Since that first yoga course, Dias has been teaching yoga and meditation in studios and workshops around Australia before returning to Melbourne with the goal of opening his own studio.
That goal is now reality – A-Space Studio in Collingwood – which Dias opened together with a former student, Josh Lynch. You enter off a cobblestoned lane and walk through the narrow corridor to a small room with one long table, dangling ferns and tea. Beyond a thick curtain there’s a smaller room with 15 or so meditation seats, which are “like sitting on a cloud”, says Lynch. And that’s about it. It’s intimate and quiet.
Dias and Lynch first met just over a year ago, in a yoga class run by Dias (the “Yoda of yoga” Lynch calls him). “We just hit it off,” says Dias. “We had coffee that went for like five hours, and we started talking about names for studios. After we left, Josh messaged me saying, ‘Hey bro what about ‘a space’, like “a hyphen space”?’ And it just kind of stuck.”
According to Dias, A-Space is Australia’s first multi-disciplinary meditation studio. It offers only a few classes a day. A variety of meditation practices from different traditions are taught, each chosen for its accessibility and the different need it addresses.

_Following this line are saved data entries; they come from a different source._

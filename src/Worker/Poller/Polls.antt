-- ===== src/Worker/Poller/Polls.antt =====
-- What one `poll_once` of services/worker/src/nebula_worker/poller.py does to a row.
use vpn.Prelude.{
  ℕ, ◌+◌, ◌≡◌, ◌∙◌, ap, refl, Bool, Option, none, some, List, map, keep, contains, inl, inr,
  Bool-cases, arith, if◌then◌else◌,
}
use vpn.Worker.Poller.{
  EmailDelivery, Outbox, Settings, ids, update, claim_of, reclaim_expired_leases, claim_batch,
  has_expired, reclaimed, selected, leased,
}
use vpn.Worker.Poller.Delivery.{World, poll_once}
use vpn.Worker.Poller.Rows.{
  find, ids-update, find-update, updated, find_claim-keep, keep-IsDistinct, claim_if, IsDistinct,
  find_id,
}
use vpn.Worker.Poller.Ends.{after_delivery, map_row, delivered_row, find-deliver_all}

module _ (w : World) (s : Settings) (now : ℕ) where
  abbrev pub free_row : EmailDelivery → EmailDelivery
  free_row row = if has_expired now row then reclaimed s.max_attempts now row else row

  abbrev pub claimed_row : Bool → EmailDelivery → EmailDelivery
  claimed_row chosen row =
      if chosen
      then after_delivery w s now (claim_of row) (leased (now + s.lease_seconds) row)
      else row

  -- The ids that this poll claims.
  abbrev pub claims : Outbox → List ℕ
  claims box = selected s.batch_size now (reclaim_expired_leases s.max_attempts now box).0.rows

  free_row_id : (row : EmailDelivery) → (free_row row).id ≡ row.id
  free_row_id row = ground arith

  claim_row :
      (k : ℕ) (sel : List ℕ) (row : EmailDelivery)
      → row.id ≡ k
      → map_row
          (delivered_row w s now k (claim_if (λ r. contains r.id sel) (some row)))
          (updated (λ r. contains r.id sel) (leased (now + s.lease_seconds)) (some row))
        ≡ some (claimed_row (contains k sel) row)
  claim_row k sel row h =
      let same : contains row.id sel ≡ contains k sel = ap (λ j. contains j sel) h in
      elim (Bool-cases (contains k sel)) [
        | inl hit ↦ let hit' = same ∙ hit in rw (hit', hit) refl
        | inr miss ↦ let miss' = same ∙ miss in rw (miss', miss) refl
      ]

  claim_found :
      (k : ℕ) (sel : List ℕ) (o : Option EmailDelivery)
      → ((row : EmailDelivery) → o ≡ some row → row.id ≡ k)
      → map_row
          (delivered_row w s now k (claim_if (λ r. contains r.id sel) o))
          (updated (λ r. contains r.id sel) (leased (now + s.lease_seconds)) o)
        ≡ map_row (claimed_row (contains k sel)) o
  claim_found k sel none h = refl
  claim_found k sel (some row) h = claim_row k sel row (h row refl)

  free_found :
      (o : Option EmailDelivery)
      → updated (has_expired now) (reclaimed s.max_attempts now) o ≡ map_row free_row o
  free_found none = refl
  free_found (some row) = refl

  map_row_twice :
      (f g : EmailDelivery → EmailDelivery) (o : Option EmailDelivery)
      → map_row f (map_row g o) ≡ map_row (λ row. f (g row)) o
  map_row_twice f g none = refl
  map_row_twice f g (some row) = refl

  -- Each row after a poll, where no two share an id: an expired lease is given back, then the row is claimed if it is among
  -- the rows that this poll selects, and delivered.
  pub poll_once-row :
      (k : ℕ) (box : Outbox)
      → IsDistinct (ids box.rows)
      → find k (poll_once w s now box).0.rows
        ≡ map_row (λ row. claimed_row (contains k (claims box)) (free_row row)) (find k box.rows)
  unfolding poll_once reclaim_expired_leases claim_batch
  poll_once-row k box h =
      let sel = claims box in
      let free = update (has_expired now) (reclaimed s.max_attempts now) box.rows in
      let chosen : EmailDelivery → Bool = λ row. contains row.id sel in
      let held = update chosen (leased (now + s.lease_seconds)) free in
      let claimed = map claim_of (keep chosen free) in
      let distinct : IsDistinct (ids free) =
        rw (ids-update (has_expired now) (reclaimed s.max_attempts now) box.rows (λ row. refl)) h in
      find-deliver_all w s now claimed k
        (claim_batch s now (reclaim_expired_leases s.max_attempts now box).0).0
        (keep-IsDistinct chosen free distinct)
      ∙ ap (λ c. map_row (delivered_row w s now k c) (find k held))
          (find_claim-keep chosen k free distinct)
      ∙ ap (map_row (delivered_row w s now k (claim_if chosen (find k free))))
          (find-update chosen (leased (now + s.lease_seconds)) k free (λ row. refl))
      ∙ claim_found k sel (find k free) (λ row e. find_id k free e)
      ∙ ap (map_row (claimed_row (contains k sel))) (
          find-update (has_expired now) (reclaimed s.max_attempts now) k box.rows (λ row. refl)
          ∙ free_found (find k box.rows))
      ∙ map_row_twice (claimed_row (contains k sel)) free_row (find k box.rows)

From pranayama meditation for increasing and managing energy levels, to mindfulness meditation for a clear mind, Dias says each class is presented free from religious dogma. “We’re demystifying meditation,” he says. “It’s not all incense and ‘omming’.”
Dias and Lynch created A-Space with two intentions in mind: help people connect with their own thoughts, and therefore connect with others. It’s a space to slow down, be introspective and “genuinely feel connected to the person next to you”, says Dias.
While Dias and Lynch describe meditation as an insular process, they believe practising with others can help them to better understand themselves. “Looking at the [meditation] apps, there’s no way I can connect to this device,” says Lynch. “But someone can come here and hear someone else across the room, that they’ve never met before, bring up an issue that they’re having, and realise they’re not alone.”
For Dias, switching from marketing to meditation has clearly been a canny career move: “Meditation has given me a moment to genuinely feel something – that what I’m doing right now is really meaningful,” he says.